=== Begin Enclosure ===

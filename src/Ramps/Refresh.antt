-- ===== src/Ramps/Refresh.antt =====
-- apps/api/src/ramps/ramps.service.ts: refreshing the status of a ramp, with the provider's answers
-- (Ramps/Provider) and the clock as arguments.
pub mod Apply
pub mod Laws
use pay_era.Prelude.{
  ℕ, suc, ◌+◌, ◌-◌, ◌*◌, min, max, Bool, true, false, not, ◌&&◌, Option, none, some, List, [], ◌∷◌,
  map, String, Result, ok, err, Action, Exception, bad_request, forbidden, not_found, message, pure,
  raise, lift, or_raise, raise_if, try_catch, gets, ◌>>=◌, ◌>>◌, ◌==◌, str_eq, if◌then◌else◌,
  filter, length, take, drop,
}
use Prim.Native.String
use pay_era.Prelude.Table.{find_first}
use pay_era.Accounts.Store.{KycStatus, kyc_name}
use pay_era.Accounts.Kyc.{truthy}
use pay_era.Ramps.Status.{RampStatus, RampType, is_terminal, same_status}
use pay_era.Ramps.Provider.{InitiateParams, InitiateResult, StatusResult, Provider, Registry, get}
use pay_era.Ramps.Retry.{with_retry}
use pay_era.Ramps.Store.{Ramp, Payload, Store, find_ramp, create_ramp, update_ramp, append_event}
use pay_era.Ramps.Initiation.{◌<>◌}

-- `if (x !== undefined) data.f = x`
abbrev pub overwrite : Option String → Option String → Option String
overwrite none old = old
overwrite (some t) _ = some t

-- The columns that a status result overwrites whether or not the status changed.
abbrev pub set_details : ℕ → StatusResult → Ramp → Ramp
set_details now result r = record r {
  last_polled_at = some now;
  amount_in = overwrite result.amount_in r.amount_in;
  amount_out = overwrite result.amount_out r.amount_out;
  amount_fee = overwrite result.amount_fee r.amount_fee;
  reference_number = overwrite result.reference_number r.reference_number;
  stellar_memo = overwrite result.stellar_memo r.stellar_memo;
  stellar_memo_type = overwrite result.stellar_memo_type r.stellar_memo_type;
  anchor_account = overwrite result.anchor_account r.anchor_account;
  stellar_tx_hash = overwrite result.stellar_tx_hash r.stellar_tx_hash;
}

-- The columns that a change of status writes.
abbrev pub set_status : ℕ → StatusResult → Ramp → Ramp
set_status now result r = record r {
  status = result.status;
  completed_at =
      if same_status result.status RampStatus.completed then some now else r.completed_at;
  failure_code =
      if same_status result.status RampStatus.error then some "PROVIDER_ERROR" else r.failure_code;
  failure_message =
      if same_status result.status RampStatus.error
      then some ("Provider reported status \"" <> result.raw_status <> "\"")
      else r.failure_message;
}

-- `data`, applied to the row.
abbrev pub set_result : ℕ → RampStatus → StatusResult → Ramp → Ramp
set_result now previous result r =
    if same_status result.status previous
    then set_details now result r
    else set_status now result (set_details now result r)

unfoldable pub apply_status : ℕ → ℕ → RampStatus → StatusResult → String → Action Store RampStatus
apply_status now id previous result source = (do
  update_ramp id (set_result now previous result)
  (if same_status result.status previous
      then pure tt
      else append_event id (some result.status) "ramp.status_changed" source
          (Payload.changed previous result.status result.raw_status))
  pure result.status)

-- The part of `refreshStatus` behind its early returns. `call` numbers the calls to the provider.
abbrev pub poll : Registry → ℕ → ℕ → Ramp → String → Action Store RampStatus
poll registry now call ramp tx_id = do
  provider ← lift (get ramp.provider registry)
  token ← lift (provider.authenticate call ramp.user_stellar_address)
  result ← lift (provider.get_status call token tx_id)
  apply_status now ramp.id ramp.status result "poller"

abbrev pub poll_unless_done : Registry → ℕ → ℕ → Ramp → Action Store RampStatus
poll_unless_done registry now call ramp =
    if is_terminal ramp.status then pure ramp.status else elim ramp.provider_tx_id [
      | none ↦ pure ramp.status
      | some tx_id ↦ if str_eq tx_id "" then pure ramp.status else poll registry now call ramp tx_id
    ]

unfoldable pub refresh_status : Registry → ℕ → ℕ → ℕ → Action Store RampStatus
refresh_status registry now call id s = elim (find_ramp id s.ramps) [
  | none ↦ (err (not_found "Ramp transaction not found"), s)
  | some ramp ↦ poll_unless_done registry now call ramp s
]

=== End Enclosure ===
=== Begin Enclosure ===

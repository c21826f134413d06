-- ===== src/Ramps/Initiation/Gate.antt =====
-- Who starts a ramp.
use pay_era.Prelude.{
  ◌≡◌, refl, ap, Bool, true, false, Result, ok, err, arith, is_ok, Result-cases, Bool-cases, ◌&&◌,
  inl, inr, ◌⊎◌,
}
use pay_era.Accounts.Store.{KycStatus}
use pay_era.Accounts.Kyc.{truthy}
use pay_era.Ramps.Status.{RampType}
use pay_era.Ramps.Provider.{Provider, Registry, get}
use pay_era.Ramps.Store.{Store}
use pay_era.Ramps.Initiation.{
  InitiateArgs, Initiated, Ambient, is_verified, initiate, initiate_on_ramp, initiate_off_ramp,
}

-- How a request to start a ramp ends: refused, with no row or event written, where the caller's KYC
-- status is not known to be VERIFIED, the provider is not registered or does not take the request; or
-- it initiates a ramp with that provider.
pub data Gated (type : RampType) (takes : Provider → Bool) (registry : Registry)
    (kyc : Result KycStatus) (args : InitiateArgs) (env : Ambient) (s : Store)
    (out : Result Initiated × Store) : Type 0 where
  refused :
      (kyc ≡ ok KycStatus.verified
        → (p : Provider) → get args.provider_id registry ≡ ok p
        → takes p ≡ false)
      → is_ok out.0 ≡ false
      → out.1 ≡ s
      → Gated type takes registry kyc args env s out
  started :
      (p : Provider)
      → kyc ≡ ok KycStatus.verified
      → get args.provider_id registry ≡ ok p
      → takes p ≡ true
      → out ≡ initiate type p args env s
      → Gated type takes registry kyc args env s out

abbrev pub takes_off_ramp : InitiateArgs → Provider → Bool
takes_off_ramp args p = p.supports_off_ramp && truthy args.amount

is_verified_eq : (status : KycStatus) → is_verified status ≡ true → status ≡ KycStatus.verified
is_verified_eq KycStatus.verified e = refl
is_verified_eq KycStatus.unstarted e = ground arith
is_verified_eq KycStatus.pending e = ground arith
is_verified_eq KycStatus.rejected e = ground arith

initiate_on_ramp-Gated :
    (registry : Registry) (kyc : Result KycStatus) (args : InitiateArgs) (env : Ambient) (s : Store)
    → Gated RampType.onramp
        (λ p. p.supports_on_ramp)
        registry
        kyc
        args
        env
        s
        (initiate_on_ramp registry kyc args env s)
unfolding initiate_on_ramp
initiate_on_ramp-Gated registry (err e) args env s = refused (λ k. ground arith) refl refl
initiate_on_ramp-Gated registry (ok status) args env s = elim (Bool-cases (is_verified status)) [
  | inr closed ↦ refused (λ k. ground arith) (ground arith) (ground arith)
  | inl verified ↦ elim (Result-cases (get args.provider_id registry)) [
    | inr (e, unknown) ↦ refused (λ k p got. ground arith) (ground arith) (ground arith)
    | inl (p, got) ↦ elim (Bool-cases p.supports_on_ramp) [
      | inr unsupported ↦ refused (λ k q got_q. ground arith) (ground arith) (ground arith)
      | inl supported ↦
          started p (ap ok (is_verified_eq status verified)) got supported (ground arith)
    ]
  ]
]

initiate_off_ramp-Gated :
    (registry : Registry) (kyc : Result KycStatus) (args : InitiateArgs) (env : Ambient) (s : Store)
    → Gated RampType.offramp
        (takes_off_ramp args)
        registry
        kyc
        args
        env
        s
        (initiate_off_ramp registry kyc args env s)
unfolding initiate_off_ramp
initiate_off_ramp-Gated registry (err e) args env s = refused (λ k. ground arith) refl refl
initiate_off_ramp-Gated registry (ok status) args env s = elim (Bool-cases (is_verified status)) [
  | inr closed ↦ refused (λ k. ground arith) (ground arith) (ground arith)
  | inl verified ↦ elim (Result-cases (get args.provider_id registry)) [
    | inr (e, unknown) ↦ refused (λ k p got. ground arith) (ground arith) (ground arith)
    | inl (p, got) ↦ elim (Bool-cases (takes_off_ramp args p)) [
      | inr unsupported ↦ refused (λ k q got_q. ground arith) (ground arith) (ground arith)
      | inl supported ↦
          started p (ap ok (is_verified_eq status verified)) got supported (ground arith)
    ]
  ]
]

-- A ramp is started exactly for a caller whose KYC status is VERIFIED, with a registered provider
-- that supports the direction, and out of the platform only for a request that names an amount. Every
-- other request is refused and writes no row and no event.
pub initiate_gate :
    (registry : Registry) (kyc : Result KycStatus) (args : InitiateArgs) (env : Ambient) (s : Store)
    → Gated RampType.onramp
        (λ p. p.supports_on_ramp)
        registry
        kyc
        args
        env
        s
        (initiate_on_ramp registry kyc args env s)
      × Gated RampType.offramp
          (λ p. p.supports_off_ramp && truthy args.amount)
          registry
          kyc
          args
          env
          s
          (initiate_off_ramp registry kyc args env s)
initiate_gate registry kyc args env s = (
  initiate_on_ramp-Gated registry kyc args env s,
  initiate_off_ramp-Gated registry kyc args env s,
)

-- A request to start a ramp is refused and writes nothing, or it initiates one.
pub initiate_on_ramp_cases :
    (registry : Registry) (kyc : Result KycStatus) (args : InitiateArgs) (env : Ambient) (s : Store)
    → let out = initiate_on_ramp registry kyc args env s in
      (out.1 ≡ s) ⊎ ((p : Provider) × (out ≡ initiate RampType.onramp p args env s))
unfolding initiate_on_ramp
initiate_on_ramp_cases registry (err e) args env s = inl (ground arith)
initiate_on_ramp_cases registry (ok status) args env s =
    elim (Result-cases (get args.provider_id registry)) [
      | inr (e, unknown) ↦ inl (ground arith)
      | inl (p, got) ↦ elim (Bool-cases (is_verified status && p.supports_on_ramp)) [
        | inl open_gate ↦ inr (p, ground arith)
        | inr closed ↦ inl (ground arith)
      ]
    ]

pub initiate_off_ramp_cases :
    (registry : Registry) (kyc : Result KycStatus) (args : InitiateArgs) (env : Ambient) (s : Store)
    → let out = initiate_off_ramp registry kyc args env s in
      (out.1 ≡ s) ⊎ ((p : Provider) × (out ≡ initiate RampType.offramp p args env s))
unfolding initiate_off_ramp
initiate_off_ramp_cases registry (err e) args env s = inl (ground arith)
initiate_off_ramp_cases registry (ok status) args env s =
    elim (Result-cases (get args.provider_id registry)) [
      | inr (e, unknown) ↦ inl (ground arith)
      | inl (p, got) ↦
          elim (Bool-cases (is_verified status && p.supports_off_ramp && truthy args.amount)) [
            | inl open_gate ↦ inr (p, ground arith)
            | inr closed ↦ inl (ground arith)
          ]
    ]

=== End Enclosure ===
=== Begin Enclosure ===

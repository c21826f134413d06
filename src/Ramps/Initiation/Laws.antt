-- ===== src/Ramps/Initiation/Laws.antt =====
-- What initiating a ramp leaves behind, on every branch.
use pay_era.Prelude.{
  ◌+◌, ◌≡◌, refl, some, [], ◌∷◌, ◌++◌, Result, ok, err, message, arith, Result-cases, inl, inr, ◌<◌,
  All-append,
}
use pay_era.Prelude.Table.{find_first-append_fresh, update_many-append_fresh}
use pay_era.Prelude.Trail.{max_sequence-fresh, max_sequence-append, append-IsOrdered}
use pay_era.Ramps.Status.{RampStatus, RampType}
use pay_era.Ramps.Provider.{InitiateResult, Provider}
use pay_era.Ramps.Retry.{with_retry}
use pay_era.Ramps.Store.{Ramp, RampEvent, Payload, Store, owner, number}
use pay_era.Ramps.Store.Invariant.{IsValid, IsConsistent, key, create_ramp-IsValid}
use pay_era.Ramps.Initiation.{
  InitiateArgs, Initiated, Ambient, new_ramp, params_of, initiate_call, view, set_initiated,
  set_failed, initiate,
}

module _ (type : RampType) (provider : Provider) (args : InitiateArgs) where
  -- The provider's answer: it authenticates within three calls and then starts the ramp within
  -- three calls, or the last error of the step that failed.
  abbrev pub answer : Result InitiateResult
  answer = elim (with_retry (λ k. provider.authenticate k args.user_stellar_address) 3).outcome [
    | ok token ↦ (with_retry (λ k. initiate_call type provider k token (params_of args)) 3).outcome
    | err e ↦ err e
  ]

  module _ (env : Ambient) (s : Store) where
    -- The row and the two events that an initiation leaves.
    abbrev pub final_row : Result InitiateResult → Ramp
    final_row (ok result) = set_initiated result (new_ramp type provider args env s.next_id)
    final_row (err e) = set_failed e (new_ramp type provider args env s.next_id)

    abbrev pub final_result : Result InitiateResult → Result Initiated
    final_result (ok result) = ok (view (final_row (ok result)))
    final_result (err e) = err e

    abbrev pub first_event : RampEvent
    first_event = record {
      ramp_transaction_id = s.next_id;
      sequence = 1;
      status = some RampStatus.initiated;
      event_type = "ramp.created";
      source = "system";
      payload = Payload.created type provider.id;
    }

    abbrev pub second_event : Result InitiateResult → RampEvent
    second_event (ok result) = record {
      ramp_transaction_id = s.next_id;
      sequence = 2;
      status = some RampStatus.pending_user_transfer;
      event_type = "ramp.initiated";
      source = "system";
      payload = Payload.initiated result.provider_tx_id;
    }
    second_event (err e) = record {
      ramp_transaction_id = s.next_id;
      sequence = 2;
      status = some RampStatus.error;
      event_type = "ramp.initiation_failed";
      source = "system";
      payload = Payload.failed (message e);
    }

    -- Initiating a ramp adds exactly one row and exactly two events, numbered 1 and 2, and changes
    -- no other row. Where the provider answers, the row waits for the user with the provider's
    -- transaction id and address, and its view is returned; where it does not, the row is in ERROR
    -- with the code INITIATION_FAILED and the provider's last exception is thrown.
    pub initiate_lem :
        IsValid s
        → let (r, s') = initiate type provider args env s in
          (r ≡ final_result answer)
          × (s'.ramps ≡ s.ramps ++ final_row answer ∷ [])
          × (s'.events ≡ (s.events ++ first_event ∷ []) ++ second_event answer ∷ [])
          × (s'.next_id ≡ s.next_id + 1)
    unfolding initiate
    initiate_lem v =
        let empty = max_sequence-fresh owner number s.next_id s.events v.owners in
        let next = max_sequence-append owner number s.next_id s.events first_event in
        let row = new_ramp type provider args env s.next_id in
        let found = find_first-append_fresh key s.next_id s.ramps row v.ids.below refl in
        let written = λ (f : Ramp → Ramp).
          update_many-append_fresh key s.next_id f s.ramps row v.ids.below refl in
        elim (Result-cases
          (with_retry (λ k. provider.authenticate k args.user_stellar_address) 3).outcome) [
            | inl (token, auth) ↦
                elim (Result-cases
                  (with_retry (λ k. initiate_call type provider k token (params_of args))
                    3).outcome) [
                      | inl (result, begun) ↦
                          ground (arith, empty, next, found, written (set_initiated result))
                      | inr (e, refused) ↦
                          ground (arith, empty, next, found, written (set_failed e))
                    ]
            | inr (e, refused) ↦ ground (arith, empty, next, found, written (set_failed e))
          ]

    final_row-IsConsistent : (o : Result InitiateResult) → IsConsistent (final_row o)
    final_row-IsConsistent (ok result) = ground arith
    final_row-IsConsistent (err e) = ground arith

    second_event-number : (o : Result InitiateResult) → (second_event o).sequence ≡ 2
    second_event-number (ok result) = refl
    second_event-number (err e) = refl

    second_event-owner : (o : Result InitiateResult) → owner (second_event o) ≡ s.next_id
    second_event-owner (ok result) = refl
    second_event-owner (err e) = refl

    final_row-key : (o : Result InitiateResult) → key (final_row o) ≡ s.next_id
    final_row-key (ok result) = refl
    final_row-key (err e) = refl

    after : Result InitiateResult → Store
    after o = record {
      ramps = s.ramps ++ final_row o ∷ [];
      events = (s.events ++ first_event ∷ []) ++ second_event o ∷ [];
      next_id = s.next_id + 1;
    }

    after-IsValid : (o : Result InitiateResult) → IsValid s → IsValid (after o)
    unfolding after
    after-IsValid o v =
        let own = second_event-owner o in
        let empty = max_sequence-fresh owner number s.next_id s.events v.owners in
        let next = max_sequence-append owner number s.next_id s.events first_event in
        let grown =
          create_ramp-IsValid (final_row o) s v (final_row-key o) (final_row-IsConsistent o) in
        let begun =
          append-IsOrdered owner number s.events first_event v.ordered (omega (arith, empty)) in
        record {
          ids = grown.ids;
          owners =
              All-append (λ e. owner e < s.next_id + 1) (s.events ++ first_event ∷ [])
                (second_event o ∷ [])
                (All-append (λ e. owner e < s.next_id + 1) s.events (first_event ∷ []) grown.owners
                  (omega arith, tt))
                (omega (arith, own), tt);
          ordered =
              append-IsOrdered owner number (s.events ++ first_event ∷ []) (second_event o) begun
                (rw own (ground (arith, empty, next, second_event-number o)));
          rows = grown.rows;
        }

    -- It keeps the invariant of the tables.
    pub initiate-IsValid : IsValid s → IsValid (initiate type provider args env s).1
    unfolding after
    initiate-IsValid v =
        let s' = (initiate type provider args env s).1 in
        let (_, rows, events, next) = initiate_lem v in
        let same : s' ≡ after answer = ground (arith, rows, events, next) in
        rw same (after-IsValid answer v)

=== End Enclosure ===

Whenever a line above includes "IsConsistent", copy it in full.

Answer to the problem
use pay_era.Ramps.Store.Invariant.{IsValid, IsConsistent, key, create_ramp-IsValid}
    final_row-IsConsistent : (o : Result InitiateResult) → IsConsistent (final_row o)
    final_row-IsConsistent (ok result) = ground arith
    final_row-IsConsistent (err e) = ground arith
          create_ramp-IsValid (final_row o) s v (final_row-key o) (final_row-IsConsistent o) in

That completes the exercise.